TitleExploring Computerized Lexical Analysis to Predict Calibrated Peer Review Ratings of Student Writing in Chemistry
Publication TypeConference Paper
Year of Publication2013
AuthorsHaudek, KC, Urban-Lurain, M, Russell, AA
Conference NameNational Association on Research in Science Teaching
Date Published04/2013
Conference LocationRio Grande, Puerto Rico
KeywordsAACR, buffers, calibrated peer review, chemistry, Computerized scoring, Lexical analysis
Refereed DesignationRefereed
Full Text

Writing in undergraduate science courses represents an authentic scientific task and allows insight into student thinking, but is often limited in large enrollment courses due to resource constraints. We are investigating the combination of two approaches for evaluating student writing to overcome these constraints: using Calibrated Peer Review (CPR) and computerized text analysis. We investigate the possibility of computerized analysis of long (approximately 1700 characters), highly-structured essays, which have been scored by multiple trained, student peer reviewers. We extended and revised resources created in previous lexical projects for an assignment about buffer systems given in a general chemistry course. Our analysis revealed that students used many ideas in their writing. Over 100 lexical categories were created to capture the ideas in student writing, with each student’s response placed into about 40 categories. We used these lexical categories as independent variables in statistical models to predict peer ratings.
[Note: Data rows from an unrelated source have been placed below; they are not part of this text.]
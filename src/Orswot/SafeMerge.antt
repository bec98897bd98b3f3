-- ===== src/Orswot/SafeMerge.antt =====
-- Safe versions: merges, and what counts as observed (datacake-crdt/src/orswot.rs).
use datacake.Base.{
  ℕ, zero, suc, ◌≡◌, refl, ap, true, none, some, List, [], ◌∷◌, if◌then◌else◌, arith, inl, inr,
  Option-cases, ◌≤◌, ◌<◌, ◌^◌, get_elem?,
}
use datacake.Base.Result.{◌>>=◌}
use datacake.Base.Ord.{nat_ord}
use datacake.Base.Assoc.{get}
use datacake.Timestamp.Fields.{HlcTimestamp, node, node_lem}
use datacake.Orswot.Observed.{HasSource, seen_by}
use datacake.Orswot.Safety.{
  Filed, AllFiled, first_stamp_lem, node-le, IsSafe, compute_safe_last_stamp-IsSafe, Grows,
  grow-IsSafe,
}
use datacake.Orswot.SafeUpdates.{update_source_grows, seen_of_some}
use datacake.Orswot.Versions.{
  NodeVersions, first_stamp, seen, compute_safe_last_stamp, update_source,
  is_ts_before_last_observed_event, merge_source, merge_sources, contains, collect_nodes,
  observed_nodes, compute_all, merge_versions, default_versions, replicate,
}

-- One stamp of the other side is merged as an update would write it.
merge_source-update_source :
    (n : ℕ) (ts : HlcTimestamp) (mine others : List (ℕ × HlcTimestamp))
    → node ts ≡ n
    → merge_source mine ((n, ts) ∷ others) ≡ merge_source (update_source ts mine).0 others
unfolding merge_source update_source
merge_source-update_source n ts mine others e =
    rw (← e) (ap (λ m. merge_source m others) (ground arith))

merge_source_grows :
    (others mine : List (ℕ × HlcTimestamp))
    → Filed others
    → Filed mine
    → Filed (merge_source mine others) × ((n : ℕ) → seen n mine ≤ seen n (merge_source mine others))
unfolding merge_source
merge_source_grows [] mine o f = (f, λ n. omega arith)
merge_source_grows ((n, ts) ∷ others) mine o f =
    let step = update_source_grows ts mine o.1 f in
    let rest = merge_source_grows others (update_source ts mine).0 o.2 step.0 in
    rw (merge_source-update_source n ts mine others o.0)
      (rest.0, λ k. omega (arith, step.1 k, rest.1 k))

merge_sources-AllFiled :
    (mine others : List (List (ℕ × HlcTimestamp)))
    → AllFiled mine
    → AllFiled others
    → AllFiled (merge_sources mine others)
unfolding merge_sources
merge_sources-AllFiled [] others f g = tt
merge_sources-AllFiled (m ∷ mine) [] f g = f
merge_sources-AllFiled (m ∷ mine) (o ∷ others) f g =
    ((merge_source_grows o m g.0 f.0).0, merge_sources-AllFiled mine others f.1 g.1)

merge_sources-Grows :
    (mine others : List (List (ℕ × HlcTimestamp)))
    → AllFiled mine
    → AllFiled others
    → Grows mine (merge_sources mine others)
unfolding merge_sources
merge_sources-Grows [] others f g i x e = (x, e, λ n. omega arith)
merge_sources-Grows (m ∷ mine) [] f g i x e = (x, e, λ n. omega arith)
merge_sources-Grows (m ∷ mine) (o ∷ others) f g zero x e =
    let same : merge_source m o ≡ x = cc in
    (m, refl, λ n. rw (← same) ((merge_source_grows o m g.0 f.0).1 n))
merge_sources-Grows (m ∷ mine) (o ∷ others) f g (suc i) x e =
    merge_sources-Grows mine others f.1 g.1 i x e

-- Every node collected is a byte.
abbrev Bytes : List ℕ → Type 0
Bytes [] = Unit
Bytes (n ∷ ns) = (n < 2 ^ 8) × Bytes ns

collect_nodes-Bytes :
    (m : List (ℕ × HlcTimestamp)) (ns : List ℕ) → Filed m → Bytes ns → Bytes (collect_nodes m ns)
unfolding collect_nodes
collect_nodes-Bytes [] ns f b = b
collect_nodes-Bytes ((n, ts) ∷ m) ns f b =
    collect_nodes-Bytes m (if contains n ns then ns else n ∷ ns) f.2 (ground (arith, node_lem ts))

observed_nodes-Bytes :
    (ms : List (List (ℕ × HlcTimestamp))) (ns : List ℕ)
    → AllFiled ms
    → Bytes ns
    → Bytes (observed_nodes ms ns)
unfolding observed_nodes
observed_nodes-Bytes [] ns f b = b
observed_nodes-Bytes (m ∷ ms) ns f b =
    observed_nodes-Bytes ms (collect_nodes m ns) f.1 (collect_nodes-Bytes m ns f.0 b)

compute_all-IsSafe :
    (ns : List ℕ) (v : NodeVersions) → Bytes ns → IsSafe v → IsSafe (compute_all ns v)
unfolding compute_all
compute_all-IsSafe [] v b h = h
compute_all-IsSafe (n ∷ ns) v b h =
    compute_all-IsSafe ns (compute_safe_last_stamp n v) b.1
      (compute_safe_last_stamp-IsSafe n v b.0 h)

-- A merge of safe versions is safe.
pub merge_versions-IsSafe : (v w : NodeVersions) → IsSafe v → IsSafe w → IsSafe (merge_versions v w)
unfolding merge_versions
merge_versions-IsSafe v w h k =
    let maxes' = merge_sources v.nodes_max_stamps w.nodes_max_stamps in
    compute_all-IsSafe (observed_nodes w.nodes_max_stamps [])
      (record v { nodes_max_stamps = maxes' })
      (observed_nodes-Bytes w.nodes_max_stamps [] k.filed tt)
      (grow-IsSafe v maxes'
        (merge_sources-AllFiled v.nodes_max_stamps w.nodes_max_stamps h.filed k.filed)
        (merge_sources-Grows v.nodes_max_stamps w.nodes_max_stamps h.filed k.filed) h)

replicate-AllFiled : (n : ℕ) → AllFiled (replicate n [])
replicate-AllFiled zero = tt
replicate-AllFiled (suc n) = (tt, replicate-AllFiled n)

pub default-IsSafe : (n : ℕ) → IsSafe (default_versions n)
unfolding default_versions get
default-IsSafe n = record { filed = replicate-AllFiled n; safe = λ k s i stamps e f. cc }

seen_of_none : (n : ℕ) (m : List (ℕ × HlcTimestamp)) → get n m ≡ none → seen n m ≡ first_stamp n
unfolding seen
seen_of_none n m e = ground arith

-- In safe versions a timestamp that counts as already observed is older than the last timestamp
-- that every single source has seen of its node.
pub lt-seen_by_of_observed :
    (v : NodeVersions) (ts : HlcTimestamp) (i : ℕ)
    → IsSafe v
    → is_ts_before_last_observed_event ts v ≡ true
    → HasSource i v
    → (last : HlcTimestamp) × (seen_by i (node ts) v ≡ some last) × (ts < last)
unfolding is_ts_before_last_observed_event seen_by
lt-seen_by_of_observed v ts i h before known =
    elim (Option-cases (get_elem? v.nodes_max_stamps i)) [
      | inl e ↦ absurd (known e)
      | inr (stamps, e) ↦ elim (Option-cases (get (node ts) v.safe_last_stamps)) [
        | inl f ↦ absurd (ground arith)
        | inr (s, f) ↦
            let le = h.safe (node ts) s i stamps f e in
            elim (Option-cases (get (node ts) stamps)) [
              | inl g ↦ absurd (
                  ground
                    (arith, seen_of_none (node ts) stamps g, first_stamp_lem (node ts), node-le ts))
              | inr (last, g) ↦
                  (last, rw (e, ◌>>=◌) g, ground (arith, seen_of_some (node ts) stamps last g))
            ]
      ]
    ]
Also, we investigated the addition of limited semantic information (word proximity) and results of writing-quality rubric criteria as independent variables. Addition of these variables resulted in a better performing statistical model, with R2=0.551. This scoring model used 24 of the independent variables: 20 lexical categories, 2 rubric criteria, one word proximity pair and response length. The lexical categories selected by the scoring model align well with the scoring rubric used by the peer reviewers, providing face validity for the lexical analysis. In addition, both rubric criteria included as variables were selected by the statistical model, indicating that writing quality was an important consideration of peer review.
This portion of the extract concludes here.